Ford admitted it conducted substantial business in Montana and Minnesota. However, Ford argued its activities in Montana and Minnesota did not sufficiently connect to the suit because its activities and the automobile accidents at issue lacked a causal connection. Ford implies that specific jurisdiction would only exist where Ford designed, manufactured, or sold the vehicle, without regard to where the automobile accident ultimately occurred.
The Court rejected Ford’s “causation-only approach.” The Court noted that Ford advertises, markets, and sells its vehicles in Montana and Minnesota, and it maintains “ongoing connections” to end users by providing maintenance, repairs, and sale of replacement parts. The Court found these connections created a “strong ‘relationship among the defendant, the forum, and the litigation,’ and were the ‘essential foundations of specific jurisdiction.’” Id.
The Court distinguished Ford from BMS and Walden. Many of the plaintiffs in BMS were residents of the jurisdiction and were not injured in the jurisdiction. In contrast, the plaintiffs in the Ford case were citizens of the jurisdiction and were injured in the jurisdiction. In Walden, the Court found jurisdiction lacking because only the plaintiff had contact with the jurisdiction. The defendant in Walden did not engage in any activity in the jurisdiction—in stark contrast with Ford's connections in Montana and Minnesota. Id.

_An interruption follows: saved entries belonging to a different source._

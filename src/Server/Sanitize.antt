-- ===== src/Server/Sanitize.antt =====
-- sanitizeInvalidUnicodeEscapes of server/internal/ingest/processor/processor.go, with Go's
-- bytes.ReplaceAll.
pub mod Clean
use ubuntu_insights.Base.{
  Bytes, [], codes, if◌then◌else◌, length, refl, suc, zero, ℕ, ◌++◌, ◌-◌, ◌∷◌, ◌≡◌,
}
use ubuntu_insights.Server.Path.{has_prefix}

-- bytes.ReplaceAll of a pattern that is not empty: `skip` bytes of a match are left to pass.
unfoldable pub replace_from : ℕ → Bytes → Bytes → Bytes → Bytes
replace_from skip [] old new = []
replace_from (suc skip) (c ∷ s) old new = replace_from skip s old new
replace_from zero (c ∷ s) old new =
    let after = replace_from (length old - 1) s old new in
    let rest = replace_from zero s old new in
    if has_prefix (c ∷ s) old then new ++ after else c ∷ rest

abbrev pub replace_all : Bytes → Bytes → Bytes → Bytes
replace_all s old new = replace_from 0 s old new

abbrev pub null_escape : Bytes
null_escape = codes "\\u0000"

abbrev pub replacement_escape : Bytes
replacement_escape = codes "\\ufffd"

unfoldable pub sanitize_invalid_unicode_escapes : Bytes → Bytes
sanitize_invalid_unicode_escapes data' = replace_all data' null_escape replacement_escape

sanitize_lem :
    sanitize_invalid_unicode_escapes (codes "a\\u0000\\u0000b") ≡ codes "a\\ufffd\\ufffdb"
unfolding sanitize_invalid_unicode_escapes replace_from has_prefix
sanitize_lem = refl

Showing some restraint, the Court denied any intent to address e-commerce contracts. Id. The Court also noted that “[n]one of this is to say that any person using any means to sell any good in a State is subject to jurisdiction there if the product malfunctions after arrival.” Id. at 12 n.1.
Justice Alito and Justice Gorsuch concurred in the opinion. However, both Justices suggested the Supreme Court’s personal jurisdiction doctrine, developed in the first half of the 20th century through International Shoe and its progeny, may not be “well suited for the way in which business is now conducted” and may require rethought in light of fundamental changes to the nature of business. Id. at 1 (Alito, J., concurring); Id. at 2, 11 (Gorsuch, J., concurring). Gorsuch observed that “[t]he real struggle here isn’t with settling on the right outcome in these cases, but with making sense of our personal jurisdiction jurisprudence and International Shoe’s increasingly doubtful dichotomy.” He signaled a need “to address the challenges posed by our changing economy in light of the Constitution’s text and the lessons of history.” Id.
Justice Alito and Justice Gorsich also suggested the majority opinion’s test for specific jurisdiction will present difficulties for lower courts to apply given the relatively broad and ordinary meaning of the phrase “relate to." The Justices also questioned whether the majority opinion set any meaningful limits of the phrase. Id.
The contours of the phrase “relate to” remain unclear. Additionally, the question of how strong a causal relationship must be to satisfy the “arise out of” element of the test remains unanswered. Both issues are likely to generate district court and appellate court decisions in the coming years aimed at fleshing out a more concrete definition of these terms. Furthermore, it is not unreasonable to expect the United States Supreme Court to take up the task of tailoring International Shoe to address the realities of global commerce in the 21st century.